Stored items
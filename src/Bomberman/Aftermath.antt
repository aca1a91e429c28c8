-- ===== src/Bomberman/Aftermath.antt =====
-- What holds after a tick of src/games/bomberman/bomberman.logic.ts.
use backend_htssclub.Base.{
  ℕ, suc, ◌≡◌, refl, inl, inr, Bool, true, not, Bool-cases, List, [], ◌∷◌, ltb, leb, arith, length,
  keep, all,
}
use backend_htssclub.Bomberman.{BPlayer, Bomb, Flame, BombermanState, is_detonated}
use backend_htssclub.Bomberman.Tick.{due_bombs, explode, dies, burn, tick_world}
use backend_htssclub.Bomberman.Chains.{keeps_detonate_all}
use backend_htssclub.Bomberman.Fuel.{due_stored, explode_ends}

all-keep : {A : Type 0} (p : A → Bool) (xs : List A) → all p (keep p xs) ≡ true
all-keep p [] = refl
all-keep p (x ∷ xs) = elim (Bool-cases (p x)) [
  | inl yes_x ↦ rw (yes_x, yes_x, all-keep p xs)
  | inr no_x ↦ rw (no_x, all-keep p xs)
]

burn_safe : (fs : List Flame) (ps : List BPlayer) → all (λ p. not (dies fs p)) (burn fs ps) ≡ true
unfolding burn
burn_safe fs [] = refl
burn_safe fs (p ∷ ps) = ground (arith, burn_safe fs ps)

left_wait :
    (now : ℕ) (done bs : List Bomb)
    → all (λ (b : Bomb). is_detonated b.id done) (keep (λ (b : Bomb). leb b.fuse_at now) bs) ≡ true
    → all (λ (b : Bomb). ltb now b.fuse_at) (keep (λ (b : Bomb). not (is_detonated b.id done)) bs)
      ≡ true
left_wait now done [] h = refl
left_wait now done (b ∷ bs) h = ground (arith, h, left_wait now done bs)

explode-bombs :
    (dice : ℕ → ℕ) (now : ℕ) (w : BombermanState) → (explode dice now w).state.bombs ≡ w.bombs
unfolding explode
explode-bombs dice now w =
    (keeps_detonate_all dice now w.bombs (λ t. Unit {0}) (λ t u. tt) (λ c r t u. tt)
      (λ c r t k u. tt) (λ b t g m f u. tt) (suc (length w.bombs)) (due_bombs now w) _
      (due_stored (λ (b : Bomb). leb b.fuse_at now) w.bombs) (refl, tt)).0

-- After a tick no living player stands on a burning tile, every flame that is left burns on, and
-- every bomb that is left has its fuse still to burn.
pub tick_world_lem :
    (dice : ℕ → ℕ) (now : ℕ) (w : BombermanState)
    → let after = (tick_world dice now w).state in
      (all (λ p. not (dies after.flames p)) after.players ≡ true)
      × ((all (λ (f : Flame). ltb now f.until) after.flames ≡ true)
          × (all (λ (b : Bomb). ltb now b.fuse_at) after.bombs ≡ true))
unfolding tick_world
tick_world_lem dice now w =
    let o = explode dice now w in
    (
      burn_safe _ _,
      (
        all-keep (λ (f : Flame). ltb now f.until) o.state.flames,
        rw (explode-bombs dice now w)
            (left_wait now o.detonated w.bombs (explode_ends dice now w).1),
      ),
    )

* * *

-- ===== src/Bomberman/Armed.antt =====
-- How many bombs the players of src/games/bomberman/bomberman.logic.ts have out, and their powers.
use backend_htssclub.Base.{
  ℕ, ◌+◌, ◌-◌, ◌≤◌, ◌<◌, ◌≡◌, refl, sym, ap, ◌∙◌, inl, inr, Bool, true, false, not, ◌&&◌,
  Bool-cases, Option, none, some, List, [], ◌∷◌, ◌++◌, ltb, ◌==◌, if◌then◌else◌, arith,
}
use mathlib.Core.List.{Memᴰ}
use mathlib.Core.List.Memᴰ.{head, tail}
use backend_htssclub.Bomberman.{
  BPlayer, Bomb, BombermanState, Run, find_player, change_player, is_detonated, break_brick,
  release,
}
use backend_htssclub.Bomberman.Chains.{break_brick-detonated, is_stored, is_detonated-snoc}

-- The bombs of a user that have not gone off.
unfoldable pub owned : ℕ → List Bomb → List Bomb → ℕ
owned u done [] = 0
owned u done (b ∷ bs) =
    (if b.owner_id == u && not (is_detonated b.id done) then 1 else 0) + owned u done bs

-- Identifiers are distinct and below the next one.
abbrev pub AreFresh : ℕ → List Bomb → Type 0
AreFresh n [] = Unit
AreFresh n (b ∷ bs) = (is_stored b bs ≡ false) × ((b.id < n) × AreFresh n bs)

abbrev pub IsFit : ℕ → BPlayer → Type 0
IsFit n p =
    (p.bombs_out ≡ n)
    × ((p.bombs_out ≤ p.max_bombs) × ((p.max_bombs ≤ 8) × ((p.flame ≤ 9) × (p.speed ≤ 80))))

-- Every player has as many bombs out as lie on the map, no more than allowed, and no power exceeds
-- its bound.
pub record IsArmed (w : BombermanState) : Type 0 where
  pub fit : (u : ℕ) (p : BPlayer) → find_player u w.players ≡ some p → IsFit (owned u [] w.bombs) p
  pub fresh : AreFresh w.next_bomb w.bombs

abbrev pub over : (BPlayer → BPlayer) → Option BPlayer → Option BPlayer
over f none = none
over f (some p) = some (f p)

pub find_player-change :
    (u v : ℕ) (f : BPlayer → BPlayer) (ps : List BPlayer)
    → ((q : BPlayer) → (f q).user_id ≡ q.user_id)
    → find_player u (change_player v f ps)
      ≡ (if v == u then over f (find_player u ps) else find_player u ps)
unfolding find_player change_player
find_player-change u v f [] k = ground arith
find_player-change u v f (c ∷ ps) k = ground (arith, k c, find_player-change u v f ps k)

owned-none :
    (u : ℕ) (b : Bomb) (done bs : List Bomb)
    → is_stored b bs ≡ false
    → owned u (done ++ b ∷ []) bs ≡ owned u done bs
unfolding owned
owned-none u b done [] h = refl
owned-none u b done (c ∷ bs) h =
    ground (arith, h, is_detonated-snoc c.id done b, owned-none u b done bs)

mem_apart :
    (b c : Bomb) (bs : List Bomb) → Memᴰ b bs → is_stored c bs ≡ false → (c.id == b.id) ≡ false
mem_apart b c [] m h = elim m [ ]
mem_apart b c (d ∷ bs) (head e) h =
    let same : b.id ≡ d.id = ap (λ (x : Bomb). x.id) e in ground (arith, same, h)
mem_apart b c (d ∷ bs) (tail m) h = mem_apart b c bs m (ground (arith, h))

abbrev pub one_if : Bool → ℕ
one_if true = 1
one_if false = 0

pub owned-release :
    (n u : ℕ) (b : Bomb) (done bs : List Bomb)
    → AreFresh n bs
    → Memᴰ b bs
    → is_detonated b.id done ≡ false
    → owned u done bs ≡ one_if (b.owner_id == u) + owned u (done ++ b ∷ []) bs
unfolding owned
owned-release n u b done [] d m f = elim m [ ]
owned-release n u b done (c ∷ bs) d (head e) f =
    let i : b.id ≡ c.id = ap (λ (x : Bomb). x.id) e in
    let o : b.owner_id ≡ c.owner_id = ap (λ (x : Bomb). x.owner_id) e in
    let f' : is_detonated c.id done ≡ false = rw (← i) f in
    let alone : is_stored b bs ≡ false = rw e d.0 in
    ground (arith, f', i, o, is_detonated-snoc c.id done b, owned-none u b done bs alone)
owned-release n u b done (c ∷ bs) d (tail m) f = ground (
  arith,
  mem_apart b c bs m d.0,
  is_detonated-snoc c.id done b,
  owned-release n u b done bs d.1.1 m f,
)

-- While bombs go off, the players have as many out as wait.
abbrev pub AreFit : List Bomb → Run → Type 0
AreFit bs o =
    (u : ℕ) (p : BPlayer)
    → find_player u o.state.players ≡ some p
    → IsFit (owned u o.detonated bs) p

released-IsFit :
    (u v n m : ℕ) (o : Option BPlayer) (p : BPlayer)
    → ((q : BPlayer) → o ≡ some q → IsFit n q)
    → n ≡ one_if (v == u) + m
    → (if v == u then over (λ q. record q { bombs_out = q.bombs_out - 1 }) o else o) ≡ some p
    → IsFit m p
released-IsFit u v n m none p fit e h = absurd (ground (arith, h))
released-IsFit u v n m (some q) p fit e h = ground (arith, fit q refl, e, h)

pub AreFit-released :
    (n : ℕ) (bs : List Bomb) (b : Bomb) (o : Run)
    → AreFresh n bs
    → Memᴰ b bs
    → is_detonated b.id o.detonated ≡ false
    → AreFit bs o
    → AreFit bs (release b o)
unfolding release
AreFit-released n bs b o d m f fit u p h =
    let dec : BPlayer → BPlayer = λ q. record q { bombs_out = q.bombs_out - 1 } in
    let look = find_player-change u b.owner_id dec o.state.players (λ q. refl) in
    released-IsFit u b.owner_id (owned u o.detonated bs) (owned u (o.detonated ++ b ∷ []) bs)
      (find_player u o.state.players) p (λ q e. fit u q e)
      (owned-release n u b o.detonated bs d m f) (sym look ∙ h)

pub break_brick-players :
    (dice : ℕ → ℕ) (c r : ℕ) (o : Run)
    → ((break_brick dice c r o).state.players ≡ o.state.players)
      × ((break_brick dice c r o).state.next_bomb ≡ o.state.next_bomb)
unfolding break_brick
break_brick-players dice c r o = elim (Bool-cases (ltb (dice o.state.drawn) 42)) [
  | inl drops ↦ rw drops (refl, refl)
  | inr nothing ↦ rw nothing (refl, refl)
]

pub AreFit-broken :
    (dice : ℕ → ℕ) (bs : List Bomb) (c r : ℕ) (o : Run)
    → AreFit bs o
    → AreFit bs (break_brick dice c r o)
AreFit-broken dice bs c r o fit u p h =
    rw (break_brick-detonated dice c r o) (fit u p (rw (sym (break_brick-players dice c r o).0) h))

...

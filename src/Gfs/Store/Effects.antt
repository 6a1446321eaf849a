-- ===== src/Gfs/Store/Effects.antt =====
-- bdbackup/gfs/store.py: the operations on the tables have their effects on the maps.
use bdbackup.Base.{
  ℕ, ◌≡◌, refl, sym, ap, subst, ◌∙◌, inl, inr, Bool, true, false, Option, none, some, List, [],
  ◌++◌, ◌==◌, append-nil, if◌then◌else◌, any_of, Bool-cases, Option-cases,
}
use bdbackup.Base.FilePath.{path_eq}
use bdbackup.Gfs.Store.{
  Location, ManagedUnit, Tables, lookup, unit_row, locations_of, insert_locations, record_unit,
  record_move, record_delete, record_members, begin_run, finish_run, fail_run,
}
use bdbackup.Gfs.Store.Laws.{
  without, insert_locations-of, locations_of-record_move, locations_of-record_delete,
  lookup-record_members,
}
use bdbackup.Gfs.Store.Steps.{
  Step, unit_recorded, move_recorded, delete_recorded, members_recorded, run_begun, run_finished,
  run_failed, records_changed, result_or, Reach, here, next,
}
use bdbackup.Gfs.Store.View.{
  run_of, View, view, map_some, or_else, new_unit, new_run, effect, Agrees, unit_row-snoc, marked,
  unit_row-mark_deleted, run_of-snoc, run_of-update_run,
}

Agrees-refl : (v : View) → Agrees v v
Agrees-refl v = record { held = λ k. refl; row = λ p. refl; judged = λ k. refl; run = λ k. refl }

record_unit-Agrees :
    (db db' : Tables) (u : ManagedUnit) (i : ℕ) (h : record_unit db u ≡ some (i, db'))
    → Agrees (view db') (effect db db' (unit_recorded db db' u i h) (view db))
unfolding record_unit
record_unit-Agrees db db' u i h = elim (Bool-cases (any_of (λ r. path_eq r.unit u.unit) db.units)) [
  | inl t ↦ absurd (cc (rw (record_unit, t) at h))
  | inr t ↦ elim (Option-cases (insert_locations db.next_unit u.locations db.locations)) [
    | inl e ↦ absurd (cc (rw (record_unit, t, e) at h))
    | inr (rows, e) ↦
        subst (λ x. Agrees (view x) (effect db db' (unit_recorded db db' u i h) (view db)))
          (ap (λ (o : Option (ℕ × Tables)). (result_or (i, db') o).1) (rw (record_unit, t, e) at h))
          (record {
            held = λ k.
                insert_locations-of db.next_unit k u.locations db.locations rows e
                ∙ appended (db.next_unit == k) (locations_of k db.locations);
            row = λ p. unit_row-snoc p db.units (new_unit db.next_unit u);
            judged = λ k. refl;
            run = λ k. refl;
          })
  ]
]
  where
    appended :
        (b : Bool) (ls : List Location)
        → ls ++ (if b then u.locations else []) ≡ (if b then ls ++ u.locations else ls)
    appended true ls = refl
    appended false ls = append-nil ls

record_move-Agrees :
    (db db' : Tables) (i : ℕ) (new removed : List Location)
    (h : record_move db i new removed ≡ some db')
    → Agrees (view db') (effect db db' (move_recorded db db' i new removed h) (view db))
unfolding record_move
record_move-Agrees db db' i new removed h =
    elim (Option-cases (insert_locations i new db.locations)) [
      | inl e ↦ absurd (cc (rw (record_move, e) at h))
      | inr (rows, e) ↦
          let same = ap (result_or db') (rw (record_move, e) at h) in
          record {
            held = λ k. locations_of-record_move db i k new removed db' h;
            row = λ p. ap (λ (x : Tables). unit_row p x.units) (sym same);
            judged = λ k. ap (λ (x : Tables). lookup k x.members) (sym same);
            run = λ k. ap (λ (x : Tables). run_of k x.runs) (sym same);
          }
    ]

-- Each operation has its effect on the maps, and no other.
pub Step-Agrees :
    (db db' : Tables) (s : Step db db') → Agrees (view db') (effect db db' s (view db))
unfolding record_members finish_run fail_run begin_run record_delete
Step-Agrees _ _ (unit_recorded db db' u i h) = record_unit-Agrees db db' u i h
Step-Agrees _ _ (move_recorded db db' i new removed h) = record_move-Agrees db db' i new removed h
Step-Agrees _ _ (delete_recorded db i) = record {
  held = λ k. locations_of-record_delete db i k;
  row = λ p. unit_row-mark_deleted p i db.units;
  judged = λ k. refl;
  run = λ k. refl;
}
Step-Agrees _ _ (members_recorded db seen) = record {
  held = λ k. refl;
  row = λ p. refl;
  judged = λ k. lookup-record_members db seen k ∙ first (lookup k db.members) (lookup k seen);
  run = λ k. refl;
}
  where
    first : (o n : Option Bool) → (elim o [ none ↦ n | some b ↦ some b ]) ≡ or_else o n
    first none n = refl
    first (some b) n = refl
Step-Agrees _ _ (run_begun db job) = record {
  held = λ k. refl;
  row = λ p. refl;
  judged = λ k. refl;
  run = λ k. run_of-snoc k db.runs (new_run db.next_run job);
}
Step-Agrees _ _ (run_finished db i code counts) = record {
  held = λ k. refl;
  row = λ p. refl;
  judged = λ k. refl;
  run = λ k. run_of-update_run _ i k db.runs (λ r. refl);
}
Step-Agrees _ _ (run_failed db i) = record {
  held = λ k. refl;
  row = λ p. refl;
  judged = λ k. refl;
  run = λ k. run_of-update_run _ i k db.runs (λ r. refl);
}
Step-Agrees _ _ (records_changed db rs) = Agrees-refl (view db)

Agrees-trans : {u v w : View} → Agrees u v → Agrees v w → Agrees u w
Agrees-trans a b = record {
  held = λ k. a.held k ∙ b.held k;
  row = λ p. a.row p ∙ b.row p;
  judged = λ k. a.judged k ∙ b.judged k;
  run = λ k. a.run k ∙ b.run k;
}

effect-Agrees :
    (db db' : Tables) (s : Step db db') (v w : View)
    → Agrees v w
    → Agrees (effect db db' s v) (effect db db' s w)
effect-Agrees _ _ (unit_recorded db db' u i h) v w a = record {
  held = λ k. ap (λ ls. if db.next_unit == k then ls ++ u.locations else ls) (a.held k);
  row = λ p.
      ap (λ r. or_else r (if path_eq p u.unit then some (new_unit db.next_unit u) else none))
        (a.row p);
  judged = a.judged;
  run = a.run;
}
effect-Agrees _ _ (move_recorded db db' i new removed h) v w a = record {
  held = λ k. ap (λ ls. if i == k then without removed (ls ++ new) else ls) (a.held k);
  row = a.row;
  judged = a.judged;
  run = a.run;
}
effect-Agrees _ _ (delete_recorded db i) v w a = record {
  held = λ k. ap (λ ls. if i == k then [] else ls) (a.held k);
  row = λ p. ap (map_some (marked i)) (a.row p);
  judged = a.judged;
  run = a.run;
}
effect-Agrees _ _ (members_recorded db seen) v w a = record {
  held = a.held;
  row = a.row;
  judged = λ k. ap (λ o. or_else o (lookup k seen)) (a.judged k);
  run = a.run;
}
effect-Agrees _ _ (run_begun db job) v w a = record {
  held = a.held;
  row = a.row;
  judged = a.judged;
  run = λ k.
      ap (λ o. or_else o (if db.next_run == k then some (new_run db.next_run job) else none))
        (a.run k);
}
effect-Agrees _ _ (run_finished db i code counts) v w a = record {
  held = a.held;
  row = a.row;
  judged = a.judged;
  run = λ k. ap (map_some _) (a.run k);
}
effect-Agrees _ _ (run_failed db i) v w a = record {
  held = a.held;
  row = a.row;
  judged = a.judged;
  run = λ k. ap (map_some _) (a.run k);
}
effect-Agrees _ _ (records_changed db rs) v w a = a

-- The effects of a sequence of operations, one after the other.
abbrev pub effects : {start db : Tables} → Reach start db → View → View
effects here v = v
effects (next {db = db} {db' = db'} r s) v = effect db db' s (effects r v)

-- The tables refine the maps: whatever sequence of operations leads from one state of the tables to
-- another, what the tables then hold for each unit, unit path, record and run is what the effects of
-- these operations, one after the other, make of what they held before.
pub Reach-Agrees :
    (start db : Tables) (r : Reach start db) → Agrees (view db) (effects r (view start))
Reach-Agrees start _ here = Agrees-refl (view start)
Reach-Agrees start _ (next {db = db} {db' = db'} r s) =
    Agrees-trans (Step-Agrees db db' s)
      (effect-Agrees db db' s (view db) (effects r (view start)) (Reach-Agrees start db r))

- [Problem description] Taking the entries above, write out exactly the lines starting with the line containing "elim (Option-cases (insert_locations i" and going on through the line containing "row = λ p. ap (λ", both included, and nothing else.

- [Expected answer]
    elim (Option-cases (insert_locations i new db.locations)) [
      | inl e ↦ absurd (cc (rw (record_move, e) at h))
      | inr (rows, e) ↦
          let same = ap (result_or db') (rw (record_move, e) at h) in
          record {
            held = λ k. locations_of-record_move db i k new removed db' h;
            row = λ p. ap (λ (x : Tables). unit_row p x.units) (sym same);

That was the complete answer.